In sozialen Netzwerken kannst du andere Nutzer:innen blockieren. Zudem kannst du Hasskommentare auf der Plattform melden, damit sie gelöscht werden. Bei Saferinternet.at gibt es Anleitungen für Instagram, YouTube & Co. - Ruhe bewahren!
Nimm Hasskommentare nicht persönlich. Hass ist keine Meinung. Vertraue auf Dich selbst, Du bist toll! - Hol dir Hilfe!
Hasskommentare können sehr belastend sein. Behalte diese nicht für dich, sprich mit deinen Eltern, Schulsozialarbeitenden, Lehrpersonen oder Beratungsstellen darüber. - Sammle Informationen!
Sichere die Beweismittel, um die Diskriminierungen beweisen zu können. - Umgib dich mit Menschen, die dir guttun und macht euch eine gute Zeit!
Unterstützung von Jugendlichen für euch findet ihr hier (Juuport) im Netz und auf Social Media
Angebote für die Auseinandersetzung
Hilfe suchen
Einzelarbeit
Notiere dir deine Gedanken zu folgenden Fragen:
- Wie geht es mir im Moment?
- Gibt es Dinge, die mich belasten?
- Wem sage und zeige ich, wie es mir wirklich geht?

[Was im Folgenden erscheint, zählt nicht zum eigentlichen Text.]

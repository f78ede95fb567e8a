-- ===== src/Upload/Resume.antt =====
-- handle_puts for a client that uploads one file under its hash: broken off, resumed, completed.
use wind_cloud_v.Shared.{
  ℕ, ◌+◌, ◌≤◌, ◌<◌, ◌≡◌, refl, ap, ◌∙◌, ◌⊎◌, inl, inr, true, false, List, [], ◌∷◌, none, some,
  arith, length, take, drop, Bool-cases, Option-cases,
}
use wind_cloud_v.Shared.Int.{pos, pos_part, ltb_ℤ}
use wind_cloud_v.Protocol.{puts, init_file_packet, c_string}
use wind_cloud_v.Shared.Text.{Bytes, str_eq_refl, take_all}
use wind_cloud_v.Identity.{Config}
use wind_cloud_v.Vfs.{Backend, Db, tick}
use wind_cloud_v.Vfs.Entities.{ClientContext, write_name, create_name}
use wind_cloud_v.Upload.{PutsReply, packet, Upload, UploadLink}
use wind_cloud_v.Upload.Receive.{content_of, put_content}
use wind_cloud_v.Upload.Handler.{
  record_upload, extend_upload, resume_upload, measure_upload, open_upload,
}
use wind_cloud_v.Upload.Settled.{
  IsReliable, says_completed, IsUpheld, put_content_lem, length-prefix, record_upload-IsUpheld,
  Settled, extend_upload-Settled,
}

pub le_cases : (n m : ℕ) → n ≤ m → (n < m) ⊎ (n ≡ m)
le_cases n m h = ground arith

pub created :
    (hash : Bytes) (db : Db)
    → content_of hash (record (tick (tick db)) { store = create_name hash db.store })
      ≡ content_of hash db
unfolding create_name write_name
created hash db = elim (Option-cases (db.store hash)) [
  | inl e ↦ rw (content_of, e, str_eq_refl hash) refl
  | inr (c, e) ↦ rw (content_of, e, e) refl
]

module _ (b : Backend) (works : (k : ℕ) → b.fails k ≡ false) (config : Config) (link : UploadLink)
    (reliable : IsReliable link) (ctx : ClientContext) (arg : Bytes) (f : Bytes) where
  module _ (u : Upload) (size : u.size ≡ pos (length f)) (n m : ℕ) (h : n ≤ length f)
      (i : link.incoming ≡ take m (drop n f)) where
    Settled-IsUpheld :
        (content : Bytes) (r : List PutsReply × Db) (db : Db)
        → Settled b works config link ctx u f n content r db
        → IsUpheld u.stored f r
    unfolding says_completed
    Settled-IsUpheld content r db (inl e) = rw e (
        record_upload-IsUpheld b works config link ctx u f (put_content u.stored f db)
          (put_content_lem u.stored f db))
    Settled-IsUpheld content r db (inr (k, less, e, _)) = rw e (
      (
        n + k,
        omega arith,
        put_content_lem u.stored (take (n + k) f) (tick (put_content u.stored content db)),
      ),
      inl refl,
    )

    before : n < length f → ltb_ℤ (pos n) u.size ≡ true
    before less = rw size (ground arith)

    at_end : n ≡ length f → ltb_ℤ (pos n) u.size ≡ false
    at_end e = rw size (ground arith)

    not_over : ltb_ℤ u.size (pos n) ≡ false
    not_over = rw size (ground arith)

    unfoldable pub told : PutsReply
    told = packet (init_file_packet puts (some arg) u.size (pos n) none)

    -- The answer to the client's packet has no hash.
    told_first :
        (r : List PutsReply × Db) → IsUpheld u.stored f r → IsUpheld u.stored f (told ∷ r.0, r.1)
    unfolding says_completed init_file_packet c_string told
    told_first r x = x

    resume_upload-opened :
        (db : Db)
        → link.sends_packet ≡ true
        → n < length f
        → let r = extend_upload b config link ctx u (pos_part u.size) n db in
          resume_upload b config link ctx arg u n db ≡ (told ∷ r.0, r.1)
    unfolding resume_upload told
    resume_upload-opened db sent less = rw (sent, before less) refl

    pub resume_upload-more :
        (db : Db)
        → link.sends_packet ≡ true
        → n < length f
        → let r = extend_upload b config link ctx u (length f) n db in
          resume_upload b config link ctx arg u n db ≡ (told ∷ r.0, r.1)
    resume_upload-more db sent less =
        resume_upload-opened db sent less
        ∙ ap (λ z. let r = extend_upload b config link ctx u z n db in (told ∷ r.0, r.1))
            (ap pos_part size)

    pub resume_upload-whole :
        (db : Db)
        → link.sends_packet ≡ true
        → n ≡ length f
        → let r = record_upload b config ctx u db in
          resume_upload b config link ctx arg u n db ≡ (told ∷ r.0, r.1)
    unfolding resume_upload told
    resume_upload-whole db sent e = rw (sent, at_end e) refl

    resume_upload-silent :
        (db : Db)
        → link.sends_packet ≡ false
        → resume_upload b config link ctx arg u n db ≡ (told ∷ [], db)
    unfolding resume_upload told
    resume_upload-silent db silent = rw silent refl

    resume_upload-IsUpheld :
        (db : Db)
        → content_of u.stored db ≡ take n f
        → IsUpheld u.stored f (resume_upload b config link ctx arg u n db)
    unfolding says_completed
    resume_upload-IsUpheld db e = elim (Bool-cases link.sends_packet) [
      | inr silent ↦ rw (resume_upload-silent db silent) (told_first ([], db) ((n, h, e), inl refl))
      | inl sent ↦ elim (le_cases n (length f) h) [
        | inl less ↦
            let (content, db', _, _, p) =
              extend_upload-Settled b works config link ctx u f reliable n m db less e i in
            let r = extend_upload b config link ctx u (length f) n db in
            rw (resume_upload-more db sent less) (told_first r (Settled-IsUpheld content r db' p))
        | inr whole ↦
            let held : content_of u.stored db ≡ f =
              e ∙ rw whole (take_all (length f) f (omega arith)) in
            rw (resume_upload-whole db sent whole) (
              told_first (record_upload b config ctx u db)
                (record_upload-IsUpheld b works config link ctx u f db held))
      ]
    ]

    measure_upload-opened :
        (db : Db)
        → content_of u.stored db ≡ take n f
        → measure_upload b config link ctx arg u db
          ≡ resume_upload b config link ctx arg u (length (content_of u.stored db)) (tick db)
    unfolding measure_upload
    measure_upload-opened db e = rw (works db.calls, fits) refl
      where
        fits : ltb_ℤ u.size (pos (length (content_of u.stored db))) ≡ false
        fits = rw (e, length-prefix n f h) not_over

    pub measure_upload-eq :
        (db : Db)
        → content_of u.stored db ≡ take n f
        → measure_upload b config link ctx arg u db
          ≡ resume_upload b config link ctx arg u n (tick db)
    measure_upload-eq db e =
        measure_upload-opened db e
        ∙ ap (λ k. resume_upload b config link ctx arg u k (tick db))
            (ap (length {A = ℕ}) e ∙ length-prefix n f h)

    pub open_upload-eq :
        (db : Db)
        → open_upload b config link ctx arg u db
          ≡ measure_upload b config link ctx arg u
              (record (tick (tick db)) { store = create_name u.stored db.store })
    unfolding open_upload
    open_upload-eq db = rw (works db.calls, works (db.calls + 1)) refl

    pub open_upload-IsUpheld :
        (db : Db)
        → content_of u.stored db ≡ take n f
        → IsUpheld u.stored f (open_upload b config link ctx arg u db)
    open_upload-IsUpheld db e =
        let db' = record (tick (tick db)) { store = create_name u.stored db.store } in
        let held : content_of u.stored db' ≡ take n f = created u.stored db ∙ e in
        rw (open_upload-eq db, measure_upload-eq db' held) (resume_upload-IsUpheld (tick db') held)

- Kann ich mir vorstellen, mich bei einer Beratungsstelle zu melden?
- Welche positiven Dinge in meinem Leben geben mir Kraft?
Es gibt zahlreiche Beratungsstellen. Eine Möglichkeit ist es, Unterstützung von anderen Jugendlichen zu bekommen. Schau dir dazu dieses Video von den JUUUPORT-Scouts an: Hilfe bei Cybermobbing und anderen Problemen im Netz (02.04.2020) Video: 0:36
Notiere dir deine Gedanken zu folgenden Fragen:
- Könntest du dir vorstellen, dich bei Problemen im Netz an die JUUPORT-Scouts zu wenden?
- Was kommen dir bei der Beratung von Gleichaltrigen für Vorteile in den Sinn?
- Gibt es Nachteile bei der Beratung durch Jugendliche?
Kooperation
Partnerarbeit: Suche dir ein:e Tandem-Partner:in. Schaut euch das folgende Video an: filmworksvienna no hate speech campaign 2019 Hass im Netz hat viele Gesichter: Beschimpfungen, Beleidigungen, falsche Gerüchte, diskriminierende Äußerungen. Studien zufolge wurde beinahe ein Drittel der Jugendlichen Opfer von Cybemobbing, 27% haben sexuelle Belästigung im Internet erlebt. (10.12.2019) Video: 1:16
Schreibt eure Gedanken zu folgenden Fragen auf:
- Was für Vorteile hat es, mit den Eltern über Probleme zu sprechen?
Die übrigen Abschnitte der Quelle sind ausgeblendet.